#### [WHAT YOU SHOULD DO]
Wherever "refl" appears in a line of the listing, report that line.

#### [DATA PROVIDED]
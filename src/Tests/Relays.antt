-- ===== src/Tests/Relays.antt =====
-- Windows/src/pb_relay.c: relays on small inputs.
use proxy_bridge.Prelude.{◌≤◌, true, false, ◌||◌, ◌≡◌, refl, ◌⊎◌, List, [], ◌∷◌, ◌++◌, some, arith}
use proxy_bridge.Proxy.{close_both}
use proxy_bridge.Sockets.{send_from, send_all, recv_from, recv_n}
use proxy_bridge.Socks.{socks5_negotiate_no_auth, socks5_udp_associate_with_config}
use proxy_bridge.Socks.Associate.{
  with_datagrams, with_relay, with_control, establish_udp_associate_for_config,
}
use proxy_bridge.Socks.Associate.Balance.{Balanced, Whole}
use proxy_bridge.Relay.{
  BufferPool, relay_pool_keep, Answers, completed, relay_buf_get, relay_buf_put, relay_post_wait,
  read_into, relay_post_read, relay_post_send, after_read, after_send, turn_in, worker_turn,
}
use proxy_bridge.Relay.Streams.{unsent}
use proxy_bridge.Relay.Steps.{
  at_rest, upload, download, Relay, dir_of, relay_start, relay_abort, relay_release, relay_dir_end,
  put_back, complete, post_first, post_upload, post_download, completes, Reach, here, next,
}
use proxy_bridge.Relay.Closing.{alive}
use proxy_bridge.Relay.Runs.{Reach-Streams, Reach-Closed}
use proxy_bridge.UdpRelay.{
  decapsulate, encapsulate_v4, connect_unless, resend, from_application, from_application_v6,
  control_closed, receive_failed, Event, idle, datagram, stopped, serve, serve_all,
}
use proxy_bridge.UdpRelay.Served.{serve_all-Balanced}
use proxy_bridge.Tests.Sockets.{network, association}

abbrev pool : BufferPool
pool = record { kept = 1; allocated = 1; freed = 0 }

abbrev taken : Answers
taken = record { malloc = true; posted = true }

-- Both directions wait; bytes come in on the upload and are sent on; the upload ends cleanly.
abbrev both_posted : Relay
both_posted = post_first download taken (post_first upload taken (relay_start pool))

abbrev readable : Relay
readable = complete upload taken (completed []) both_posted

abbrev received : Relay
received = complete upload taken (completed (1 ∷ 2 ∷ 3 ∷ [])) readable

abbrev partly : Relay
partly = complete upload taken (completed (1 ∷ 2 ∷ [])) received

-- Runs of the model.
program : Unit {0}
unfolding relay_buf_get relay_buf_put relay_post_wait read_into relay_post_read relay_post_send
    after_read after_send turn_in worker_turn relay_start relay_abort relay_release relay_dir_end
    put_back complete post_first send_from send_all recv_from recv_n socks5_negotiate_no_auth
    socks5_udp_associate_with_config close_both with_datagrams with_relay with_control
    establish_udp_associate_for_config decapsulate encapsulate_v4 connect_unless resend
    from_application from_application_v6 control_closed receive_failed serve serve_all
program = tt

run : Reach (relay_start pool) partly
unfolding program
run =
    next
      (next
        (next (next (next here (post_upload taken refl)) (post_download taken refl refl))
          (completes upload taken (completed []) refl))
        (completes upload taken (completed (1 ∷ 2 ∷ 3 ∷ [])) refl))
      (completes upload taken (completed (1 ∷ 2 ∷ [])) refl)

Reach-Streams_example :
    let d = dir_of upload partly in
    (d.received ≡ d.sent ++ unsent d)
    × ((d.shut ≡ false) ⊎ ((d.received ≡ d.sent) × (alive d ≡ false)))
Reach-Streams_example = Reach-Streams pool upload (omega arith) (omega arith) run

Reach-Closed_example :
    (partly.pool.kept ≤ relay_pool_keep)
    × (((partly.freed ≡ false)
          × (partly.closes ≡ 0)
          × ((alive partly.up || alive partly.down) ≡ true))
        ⊎ ((partly.freed ≡ true)
            × (partly.closes ≡ 1)
            × ((alive partly.up || alive partly.down) ≡ false)
            × (partly.pool.allocated ≡ at_rest partly.pool)))
Reach-Closed_example = Reach-Closed pool (omega arith) (omega arith) run

abbrev events : List Event
events =
    idle network
    ∷ datagram network (record network { now = 9000; tcp_socket = some 80; udp_socket = some 81 })
        false (134744072, 53) (7 ∷ [])
    ∷ stopped
    ∷ []

serve_all-Balanced_example :
    Balanced (serve_all events association) × Whole (serve_all events association).config
serve_all-Balanced_example = serve_all-Balanced events association (λ x. omega arith) (refl, refl)

test_partly : (partly.up.sent ≡ 1 ∷ 2 ∷ []) × (partly.up.off ≡ 2)
unfolding program
test_partly = (refl, refl)

-- The end of both directions closes the sockets.
test_closed :
    (complete download taken (completed []) (
      complete download taken (completed []) (
        complete upload taken
          (completed [])
          (complete upload taken (completed []) both_posted)))).closes
    ≡ 1
unfolding program
test_closed = refl

test_served : (serve_all events association).closed ≡ 81 ∷ 80 ∷ 71 ∷ 70 ∷ 9 ∷ []
unfolding program
test_served = refl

#### [ANSWER SECTION]
use proxy_bridge.Prelude.{◌≤◌, true, false, ◌||◌, ◌≡◌, refl, ◌⊎◌, List, [], ◌∷◌, ◌++◌, some, arith}
        (next (next (next here (post_upload taken refl)) (post_download taken refl refl))
          (completes upload taken (completed []) refl))
        (completes upload taken (completed (1 ∷ 2 ∷ 3 ∷ [])) refl))
      (completes upload taken (completed (1 ∷ 2 ∷ [])) refl)
serve_all-Balanced_example = serve_all-Balanced events association (λ x. omega arith) (refl, refl)
test_partly = (refl, refl)
test_closed = refl
test_served = refl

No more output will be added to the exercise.